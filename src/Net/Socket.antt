-- ===== src/Net/Socket.antt =====
-- net_stubs.c, the socket table: `net_init`, `socket_alloc` and `socket_free`.
pub mod Alloc
pub mod Keeps
use pico_ocaml.Prelude.{ℕ, zero, suc, ◌+◌, true, none, some, is_some, replicate, if◌then◌else◌}
use pico_ocaml.Prelude.Int.{ℤ, pos}
use pico_ocaml.Net.World.{World, Call}
use pico_ocaml.Net.State.{
  max_sockets, max_recv_buffer, SocketState, is_closed, Proto, zero_socket, M, pure, ◌>>=◌, ◌>>◌,
  load, store, call, ask, with_slot, minus_one,
}

unfoldable pub net_init : M (Unit {0})
net_init n = some (
  tt,
  if n.net_initialized
      then n
      else record n { sockets = replicate max_sockets zero_socket; net_initialized = true },
)

-- The body of `if (sockets[i].state == SOCKET_STATE_CLOSED)`.
unfoldable pub claim : World → Proto → ℕ → M ℤ
unfolding store ask
claim w proto i = do
  store i (record zero_socket { proto = proto; recv_capacity = max_recv_buffer })
  buf ← ask (Call.malloc max_recv_buffer) (λ t. w.malloc_result t max_recv_buffer)
  store i (record zero_socket { proto = proto; recv_capacity = max_recv_buffer; recv_buf = buf })
  pure (if is_some buf then pos i else minus_one)

-- The loop of `socket_alloc` from slot `i` on, with `rounds` slots left.
pub alloc_from : World → Proto → (rounds : ℕ) → ℕ → M ℤ
unfolding load claim
alloc_from w proto zero i = pure minus_one
alloc_from w proto (suc rounds) i = do
  s ← load i
  let rest = alloc_from w proto rounds (i + 1)
  if is_closed s.state then claim w proto i else rest

unfoldable pub socket_alloc : World → Proto → M ℤ
unfolding alloc_from
socket_alloc w proto = alloc_from w proto max_sockets 0

free_slot : ℕ → M (Unit {0})
unfolding load store call
free_slot i = do
  s ← load i
  if is_some s.recv_buf then call Call.free else pure tt
  store i (record s { recv_buf = none; state = SocketState.closed; pcb = none })

pub socket_free : ℤ → M (Unit {0})
unfolding free_slot
socket_free sock_id = with_slot sock_id (pure tt) free_slot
^^^^
▶ **EXERCISE DESCRIPTION**
Your answer must be the complete listing, reproduced exactly.

▶ **SOLVED EXERCISE**
filename src/Net/Socket.antt
-- ===== src/Net/Socket.antt =====
-- net_stubs.c, the socket table: `net_init`, `socket_alloc` and `socket_free`.
pub mod Alloc
pub mod Keeps
use pico_ocaml.Prelude.{ℕ, zero, suc, ◌+◌, true, none, some, is_some, replicate, if◌then◌else◌}
use pico_ocaml.Prelude.Int.{ℤ, pos}
use pico_ocaml.Net.World.{World, Call}
use pico_ocaml.Net.State.{
  max_sockets, max_recv_buffer, SocketState, is_closed, Proto, zero_socket, M, pure, ◌>>=◌, ◌>>◌,
  load, store, call, ask, with_slot, minus_one,
}

unfoldable pub net_init : M (Unit {0})
net_init n = some (
  tt,
  if n.net_initialized
      then n
      else record n { sockets = replicate max_sockets zero_socket; net_initialized = true },
)

-- The body of `if (sockets[i].state == SOCKET_STATE_CLOSED)`.
unfoldable pub claim : World → Proto → ℕ → M ℤ
unfolding store ask
claim w proto i = do
  store i (record zero_socket { proto = proto; recv_capacity = max_recv_buffer })
  buf ← ask (Call.malloc max_recv_buffer) (λ t. w.malloc_result t max_recv_buffer)
  store i (record zero_socket { proto = proto; recv_capacity = max_recv_buffer; recv_buf = buf })
  pure (if is_some buf then pos i else minus_one)

-- The loop of `socket_alloc` from slot `i` on, with `rounds` slots left.
pub alloc_from : World → Proto → (rounds : ℕ) → ℕ → M ℤ
unfolding load claim
alloc_from w proto zero i = pure minus_one
alloc_from w proto (suc rounds) i = do
  s ← load i
  let rest = alloc_from w proto rounds (i + 1)
  if is_closed s.state then claim w proto i else rest

unfoldable pub socket_alloc : World → Proto → M ℤ
unfolding alloc_from
socket_alloc w proto = alloc_from w proto max_sockets 0

free_slot : ℕ → M (Unit {0})
unfolding load store call
free_slot i = do
  s ← load i
  if is_some s.recv_buf then call Call.free else pure tt
  store i (record s { recv_buf = none; state = SocketState.closed; pcb = none })

pub socket_free : ℤ → M (Unit {0})
unfolding free_slot
socket_free sock_id = with_slot sock_id (pure tt) free_slot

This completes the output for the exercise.